# Elbbutt Wer weiss was?



## friggler (5. Dezember 2006)

Dass man in der Elbe "Butt" fangen kann dürfte bekannt sein.

Einige andere Tatsachen dazu sind dagegen wohl weniger bekannt, jedenfalls mir nicht, und Ich habe auch keine Hinweise gefunden die eine befriedigende Antwort geben.
Möglicherweise kann hier jemand weiterhelfen.

1.
Der platte Fisch soll ja genaugenommen eine Flunder sein. 
Ob Scholle, Flunder, oder Kliesche kann man ja normalerweise erfühlen (Flunder wie Schmirgelpapier ganze Oberseite rauh, Kliesche vom Kopf zum Schwanz glatt, umgekehrt rauh ohne "Höcker" am Kopf, Scholle in beide Richtungen glatt, dafür "Höcker" am Kopf). Zumindestens an der Küste ist es meist kein Problem...

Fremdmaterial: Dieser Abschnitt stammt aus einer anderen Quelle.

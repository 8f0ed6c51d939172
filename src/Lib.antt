-- ===== src/Lib.antt =====
-- A verification of the core of the HTTP proxy under http/, an application firewall that takes
-- requests apart, undoes their encodings and matches them against rules.
--
-- The parts and their files:
-- Prelude (Tests, Lists, Int): tests on numbers, the option monad of faults, lists with native
--   indices, integers.
-- Scan (Match): `s_http_parse` of http/http.c, the search for the end of a header. The state is
--   `local->state`; the functions have the names of the source.
-- Decode: http/http_decode.c. Digit has the hexadecimal digits and the comparison without case;
--   Percent has `_http_string_decode` and its callees, with Bounds, Stray and RoundTrip for proofs;
--   Escape has `_http_escape_decode_inplace` and Html `_http_html_entities_decode_inplace`, with
--   Bounds and RoundTrip for proofs. Full has `http_decode_string`, which calls these three.
--   Path has `http_decode_path`: Segments says what the names of a path mean, Rounds is about a
--   round of the loop, Resolve and Canonical about the result.
-- ConnTable: http/connection.c, the table of connections of a thread. `alloc`, `add`, `find`
--   and `del` are `connection_table_alloc` and so on; `get_free_id` is `_st_get_free_id`. Count is
--   about the free entries, Search about the loop, Ops about the operations.
-- PacketQueue: http/packet.c over a heap of `next` pointers; Chain is about linked lists in the
--   heap, Ops about the operations.
-- IpAddr: http/ip_addr.c over the bytes of an address. Cidr is about lengths of masks, Mask about
--   `ip_addr_apply_mask`, Network about `ip_mask_match`, Compare about conversion and
--   comparison; Order has `ip_mask_t` and `ip_port_t` with their comparisons.
-- RingQueue (Order, Ops): http/queue.c, the queue between threads. Order is about the slots, Ops
--   about the operations.
-- Text (Search, Find, Strip): the string helpers of http/http_basic.c; Search is about `strlstr`, Find
--   about it with a pattern of one byte, Strip about `strlstrip`.
-- Body: http/http_body.c, a body in chunks. Line is about `http_read_line`, Stream about
--   `recv_chunk` and a byte by byte reading of the stream, Message about whole messages.
-- Head: the loop of `http_parse_head` in http/http.c with the states of http/http_table.c, as the calls
--   of `http_parse_line` that it makes. Lines is about well-formed heads, Bounds about any.
-- Fields (Rows, Search, Methods): the tables of http/http_header.c and http/http_table.c. A row is found by
--   its place in memory; Rows is about filling a table, Search about looking a name up.
-- Message: `http_t` of http/http.h, the strings of http/http_basic.c and the accessors of
--   http/http_api.c. Append is about strings, Access about accessors, Decoded about `http_set_str`
--   together with Decode/Full.
-- Args (Words, Pairs): http/http_arg.c, the arguments of a URL or a body. `cur` is the last entry in
--   use. Words is about the rounds of the loop, Pairs about whole queries.
-- Parse: http/http_header.c and the rest of `http_parse_head`. Info is the part of `http_t` that the
--   lines of a head change; Parse has the parsers of plain fields, Auth, Content and Counts the
--   others, Line `http_parse_line` and what it calls. Pointers, Field, Request, Response, Separators,
--   Types, Boundary and Head are proofs: about pointers into a buffer, a line with a field, the first
--   line of a request and of a response, the counts, the type of the content, the boundary of a form,
--   and a whole head.
-- Form (Header, Label): http/http_form.c, the states of `http_parse_form` in front of a part and in its
--   header. Header is about headers of well-formed lines, Label about the label.
-- Mempool: http/mempool.c, a pool of memory units. Chains and Cuts are about its linked lists, Regions
--   about the nodes of a cache and their counts, Invariant says when a pool is well formed, Caches is
--   about `_op_alloc_cache`, Get about `mempool_get`, Removal and Release about `_op_free_cache`, Put
--   about `_op_put_node`, and Runs about runs of a pool. Addresses are numbers, and `malloc` gives
--   addresses that it has not given before.
-- Tests: runs at small inputs, and each theorem at an input that meets its hypotheses.
--
-- A byte is a number, a C string or buffer the list of its bytes. `none` in the result of a
-- function of pointers or indices is an access outside an object, or a loop that ran through its
-- fuel. The loop of `_st_get_free_id` has fuel for twice the table and one round more, since it
-- visits each entry once before it goes round the end and once behind; the loop that combines
-- percent signs has the length of its string, which every round shortens, and the loops over escapes,
-- entities and paths the length and one or two more. The theorems show that none of them runs out.
--
-- Threads, sockets, databases and the pattern matcher, a copy of a library, are not modelled: they
-- are input and output or foreign code. The text forms of addresses, the bodies of
-- the parts of a form, and the rewriting of messages are not modelled. The number that `strtol` reads from a line of a body is a parameter, a function of the bytes of the
-- line, and so is the one that it reads from an HTML entity. What `http_decode_string` makes of a
-- text is a parameter of `set_str`, which Message/Decoded gives.
pub mod Args
pub mod Body
pub mod ConnTable
pub mod Decode
pub mod Fields
pub mod Form
pub mod Head
pub mod IpAddr
pub mod Mempool
pub mod Message
pub mod PacketQueue
pub mod Parse
pub mod Prelude
pub mod RingQueue
pub mod Scan
pub mod Tests
pub mod Text
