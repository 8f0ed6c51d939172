-- ===== src/Head.antt =====
-- The head of a message: `http_parse_head` of http/http.c with the states of http/http_table.c. It
-- cuts the head into lines and calls `http_parse_line` for each. Pointers into the buffer are
-- offsets from its first byte; `none` is NULL.
pub mod Lines
pub mod Bounds
use xxx.Prelude.{
  ℕ, zero, suc, ◌+◌, ◌-◌, ◌==◌, Bool, true, false, Option, none, some, List, [], ◌∷◌, if◌then◌else◌,
}

-- `HTTP_HEADER_STATE_CHAR0` and so on.
pub data State : Type 0 where
  char0 char1 charn r1 n1 r2 n2 : State

-- The columns of `http_header_state`.
pub data Class : Type 0 where
  other cr lf : Class

-- `http_header_state`, as `http_init_header_state` fills it.
abbrev pub next_state : State → Class → State
next_state char0 other = char1
next_state char0 cr = char0
next_state char0 lf = char0
next_state char1 other = charn
next_state char1 cr = r1
next_state char1 lf = charn
next_state charn other = charn
next_state charn cr = r1
next_state charn lf = charn
next_state r1 other = char1
next_state r1 cr = r1
next_state r1 lf = n1
next_state n1 other = char1
next_state n1 cr = r2
next_state n1 lf = n1
next_state r2 other = r2
next_state r2 cr = r2
next_state r2 lf = n2
next_state n2 other = char1
next_state n2 cr = n2
next_state n2 lf = n2

abbrev pub class : ℕ → Class
class b = if b == 13 then cr else if b == 10 then lf else other

-- The bits of a decode flag.
pub record Flag : Type 0 where
  pub url : Bool
  pub html : Bool
  pub escape : Bool

abbrev pub no_flag : Flag
no_flag = record { url = false; html = false; escape = false }

-- What the loop notes of a line while it reads it: `flag`, `tmp_flag` and `split`.
pub record Notes : Type 0 where
  pub flag : Flag
  pub tmp_flag : Bool
  pub split : Option ℕ

-- The arguments of a call of `http_parse_line`, and `tmp_flag` of the message at the call.
pub record Line : Type 0 where
  pub begin : Option ℕ
  pub split : Option ℕ
  pub end : ℕ
  pub flag : Flag

-- What the first `switch` notes of a byte at `pos`, beside the state.
unfoldable pub note : Notes → ℕ → ℕ → Notes
note m pos b =
    if b == b'%'
    then record m { flag = record m.flag { url = true } }
    else if b == b'&'
    then record m { flag = record m.flag { html = true } }
    else if b == b'\\'
    then record m { flag = record m.flag { escape = true } }
    else if b == b':'
    then (if m.tmp_flag then m else record m { split = some pos; tmp_flag = true })
    else m

abbrev pub emit : Option Line → List Line → List Line
emit none ls = ls
emit (some l) ls = l ∷ ls

-- The line that ends before `pos`, where the LF stands.
abbrev pub line_at : Option ℕ → Notes → ℕ → Line
line_at begin m pos = record { begin = begin; split = m.split; end = pos - 1; flag = m.flag }

abbrev pub clear : Notes → Notes
clear m = record m { flag = no_flag; tmp_flag = false }

-- The second `switch`, for the new state: the state, `begin`, the notes, and the line that is
-- complete, if there is one.
unfoldable pub act : State → Option ℕ → Notes → ℕ → State × Option ℕ × Notes × Option Line
act char0 begin m pos = (char0, begin, m, none)
act char1 begin m pos = (char1, some pos, m, none)
act charn begin m pos = (charn, begin, m, none)
act r1 begin m pos = (r1, begin, m, none)
act n1 begin m pos = (char0, begin, clear m, some (line_at begin m pos))
act r2 begin m pos = (r2, begin, m, none)
act n2 begin m pos = (n2, begin, m, none)

-- The loop from the byte at `pos` on: the calls of `http_parse_line`, in their order.
unfoldable pub head_loop : State → Option ℕ → Notes → ℕ → List ℕ → List Line
unfolding note act
head_loop st begin m pos [] = []
head_loop st begin m pos (b ∷ bytes) =
    let (st', begin', m', line) = act (next_state st (class b)) begin (note m pos b) pos in
    emit line (head_loop st' begin' m' (suc pos) bytes)

abbrev pub blank : Notes
blank = record { flag = no_flag; tmp_flag = false; split = none }

-- `http_parse_head`: its calls of `http_parse_line`.
unfoldable pub head_lines : List ℕ → List Line
unfolding head_loop
head_lines bytes = head_loop char0 none blank 0 bytes
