-- ===== src/Message.antt =====
-- The data of a message, `http_t` of http/http.h, with the string functions of http/http_basic.c and
-- the accessors of http/http_api.c. A string owns a block of the message's pool: `room` bytes, of
-- which the first `len` are `bytes`. `none` is a write behind the block.
pub mod Append
pub mod Access
pub mod Decoded
use xxx.Prelude.{
  ℕ, zero, suc, ◌+◌, ◌==◌, Bool, true, false, ◌&&◌, ◌||◌, Option, none, some, List, [], ◌∷◌, ◌++◌,
  if◌then◌else◌, ◌>>=◌, length, leb, ltb, set, take, ℤ, pos,
}
use xxx.Head.{Flag}

pub record Block : Type 0 where
  pub bytes : List ℕ
  pub room : ℕ

-- `x_str_t`; `none` is NULL. `max_len` is not used.
pub record Str : Type 0 where
  pub p : Option Block
  pub len : ℕ

abbrev pub null_str : Str
null_str = record { p = none; len = 0 }

-- `GET_NEED_DECODE`
abbrev pub need_decode : Flag → Bool
need_decode f = f.url || f.html || f.escape

-- The text that `http_set_str` stores: what `http_decode_string` returns, if it is not empty.
abbrev pub or_raw : List ℕ → List ℕ → List ℕ
or_raw [] raw = raw
or_raw (b ∷ bs) raw = b ∷ bs

-- `http_set_str`, for `http_decode_string` with a buffer of 8192 bytes. The NUL is written at the
-- length of the text before it was decoded.
unfoldable pub set_str :
    (decode : Flag → List ℕ → Option (List ℕ)) → Flag → Str → List ℕ → Option Str
set_str decode flag str [] = some str
set_str decode flag str (b ∷ raw) = do
  out ← (if need_decode flag then decode flag (b ∷ raw) else some [])
  let text = or_raw out (b ∷ raw)
  let stored : Str = record {
    p = some (record { bytes = set text (length (b ∷ raw)) 0; room = length text + 1 });
    len = length text;
  }
  (if ltb (length text) (length (b ∷ raw)) then none else some stored)

-- `http_set_str_no_null`, for `max_len`.
unfoldable pub set_str_no_null : List ℕ → ℕ → Option Str
set_str_no_null raw max_len =
    if ltb max_len (length raw)
    then none
    else some (record { p = some (record { bytes = raw; room = max_len + 1 }); len = length raw })

abbrev pub max_append : ℕ
max_append = 4096

-- The end of `http_append_str`, for a string that has a block.
pub append_block : Str → Block → List ℕ → Option Str
append_block str block raw =
    if ltb (str.len + length raw) max_append
    then if leb block.room (str.len + length raw)
      then none
      else some (record {
        p = some (record block { bytes = take str.len block.bytes ++ raw });
        len = str.len + length raw;
      })
    else some str

-- `http_append_str`
unfoldable pub append_str : Str → List ℕ → Option Str
unfolding append_block set_str_no_null
append_str str raw = elim str.p [
  | none ↦ set_str_no_null raw max_append
  | some block ↦ append_block str block raw
]

-- `logic_t`
pub record Logic : Type 0 where
  pub state_0 : ℕ
  pub state_1 : ℕ
  pub dir : ℕ
  pub method : ℕ
  pub content_type : ℕ
  pub is_chunked : ℕ
  pub is_closed : ℕ

-- `http_int_t`
pub record Ints : Type 0 where
  pub retcode : ℕ
  pub header_len : ℕ
  pub content_len : ℤ
  pub max_header_line_len : ℕ
  pub body_len : ℕ
  pub url_arg_len : ℕ
  pub url_arg_cnt : ℕ
  pub header_line_num : ℕ
  pub header_cookie_num : ℕ
  pub header_range_num : ℕ

-- `http_str_t`
pub record Strs : Type 0 where
  pub raw_url : Str
  pub url : Str
  pub url_and_arg : Str
  pub host : Str
  pub agent : Str
  pub auth : Str
  pub auth_user : Str
  pub auth_pass : Str
  pub reference : Str
  pub location : Str
  pub content_type : Str
  pub retcode : Str
  pub boundary : Str
  pub cookie : Str

-- The indices `HTTP_STR_RAW_URL` and so on, and any other number.
pub data StrIndex : Type 0 where
  str_raw_url str_url str_url_and_arg str_host str_cookie str_agent str_auth str_user : StrIndex
  str_passwd str_refer str_location str_content_type str_retcode str_other : StrIndex

-- `_get_http_str`: the bytes of the C string before its NUL.
abbrev pub get_http_str : Str → List ℕ
get_http_str s = elim s.p [ none ↦ [] | some b ↦ b.bytes ]

-- `http_get_str`
unfoldable pub get_str : Strs → StrIndex → List ℕ
get_str s str_host = get_http_str s.host
get_str s str_cookie = get_http_str s.cookie
get_str s str_url_and_arg = get_http_str s.url_and_arg
get_str s str_url = get_http_str s.url
get_str s str_agent = get_http_str s.agent
get_str s str_auth = get_http_str s.auth
get_str s str_user = get_http_str s.auth_user
get_str s str_passwd = get_http_str s.auth_pass
get_str s str_refer = get_http_str s.reference
get_str s str_location = get_http_str s.location
get_str s str_raw_url = get_http_str s.raw_url
get_str s str_content_type = get_http_str s.content_type
get_str s str_retcode = get_http_str s.retcode
get_str s str_other = []

-- `http_get_str_len`
unfoldable pub get_str_len : Strs → StrIndex → ℕ
get_str_len s str_host = s.host.len
get_str_len s str_cookie = s.cookie.len
get_str_len s str_url_and_arg = s.url_and_arg.len
get_str_len s str_url = s.url.len
get_str_len s str_agent = s.agent.len
get_str_len s str_auth = s.auth.len
get_str_len s str_user = s.auth_user.len
get_str_len s str_passwd = s.auth_pass.len
get_str_len s str_refer = s.reference.len
get_str_len s str_location = s.location.len
get_str_len s str_raw_url = s.raw_url.len
get_str_len s str_content_type = s.content_type.len
get_str_len s str_retcode = s.retcode.len
get_str_len s str_other = 0

-- The indices of `http_get_logic`, and any other number.
pub data LogicIndex : Type 0 where
  logic_state logic_method logic_is_closed logic_content_type logic_is_chunked logic_other :
      LogicIndex

-- `http_get_logic`; `none` is -1.
unfoldable pub get_logic : Logic → LogicIndex → Option ℕ
get_logic l logic_method = some l.method
get_logic l logic_is_closed = some l.is_closed
get_logic l logic_content_type = some l.content_type
get_logic l logic_state = if l.dir == 0 then some l.state_0 else some l.state_1
get_logic l logic_is_chunked = some l.is_chunked
get_logic l logic_other = none

-- `http_set_state`
unfoldable pub set_state : Logic → ℕ → Logic
set_state l state =
    if l.dir == 0 then record l { state_0 = state } else record l { state_1 = state }
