-- ===== src/Decode/Digit.antt =====
-- Characters: hexadecimal digits, and the comparison of C strings without regard to case.
use Prim.Native.Nat.{bit_or}
use xxx.Prelude.{
  ℕ, ◌+◌, ◌-◌, ◌≡◌, ◌⊎◌, inl, inr, arith, Bool, true, false, ◌&&◌, Option, none, some, List, [],
  ◌∷◌, leb, ◌==◌, if◌then◌else◌,
}

-- `_http_character_to_digit`; `none` is -1.
unfoldable pub to_digit : ℕ → Option ℕ
to_digit ch =
    let tmp = bit_or ch 0x20 in
    if leb b'a' tmp && leb tmp b'f'
    then some (tmp - b'a' + 0xa)
    else if leb b'0' tmp && leb tmp b'9'
    then some (tmp - b'0')
    else none

-- `tolower` of the C locale.
abbrev pub to_lower : ℕ → ℕ
to_lower c = if leb b'A' c && leb c b'Z' then c + 32 else c

-- `strncasecmp (p, s, n) == 0` for a lower-case `p` of `n` characters, none of them NUL.
unfoldable pub starts_nocase : List ℕ → List ℕ → Bool
starts_nocase [] s = true
starts_nocase (p ∷ ps) [] = false
starts_nocase (p ∷ ps) (c ∷ s) = to_lower c == p && starts_nocase ps s

-- The letter u is no hexadecimal digit.
pub u-digit : (b : ℕ) → to_lower b ≡ b'u' → to_digit b ≡ none
unfolding to_digit
u-digit b h = elim upper-or-lower [ inl e ↦ rw e | inr e ↦ rw e ]
  where
    upper-or-lower : (b ≡ 85) ⊎ (b ≡ 117)
    upper-or-lower = ground arith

Wenn man an der Küste Flundern fängt ist die gesamte Oberseite zu beiden Richtungen rauh. 
Die Flundern in der Elbe sind auf der Oberseite in beide Richtungen glatt, nur an der Seitenlinie sind sie rauh. 
Linksäugige und Rechtsäugige Exemplare kommen in der Elbe fast gleichermassen vor, an der Küste sind Linksäugige dagegen recht selten (jedenfalls bei meinen Fängen).

Sind das trotzdem die gleichen Fische?? Oder ist das eine eigene (Unter)Art?

2.
In der Elbe habe Ich (und viele Angler die Ich gefragt habe) nur weibliche Flundern gefangen-noch nie konnte mir jemand einen Milchner zeigen.

Woran liegt das?

3.
Es heisst im Sommer ziehen die Flundern auch ins Süsswasser der Flüsse. Zum Laichen wandern sie wieder ins Meer.
Schon im Frühjahr sieht man an geeigneten Stellen tausende ab Centstück grosse Flundern.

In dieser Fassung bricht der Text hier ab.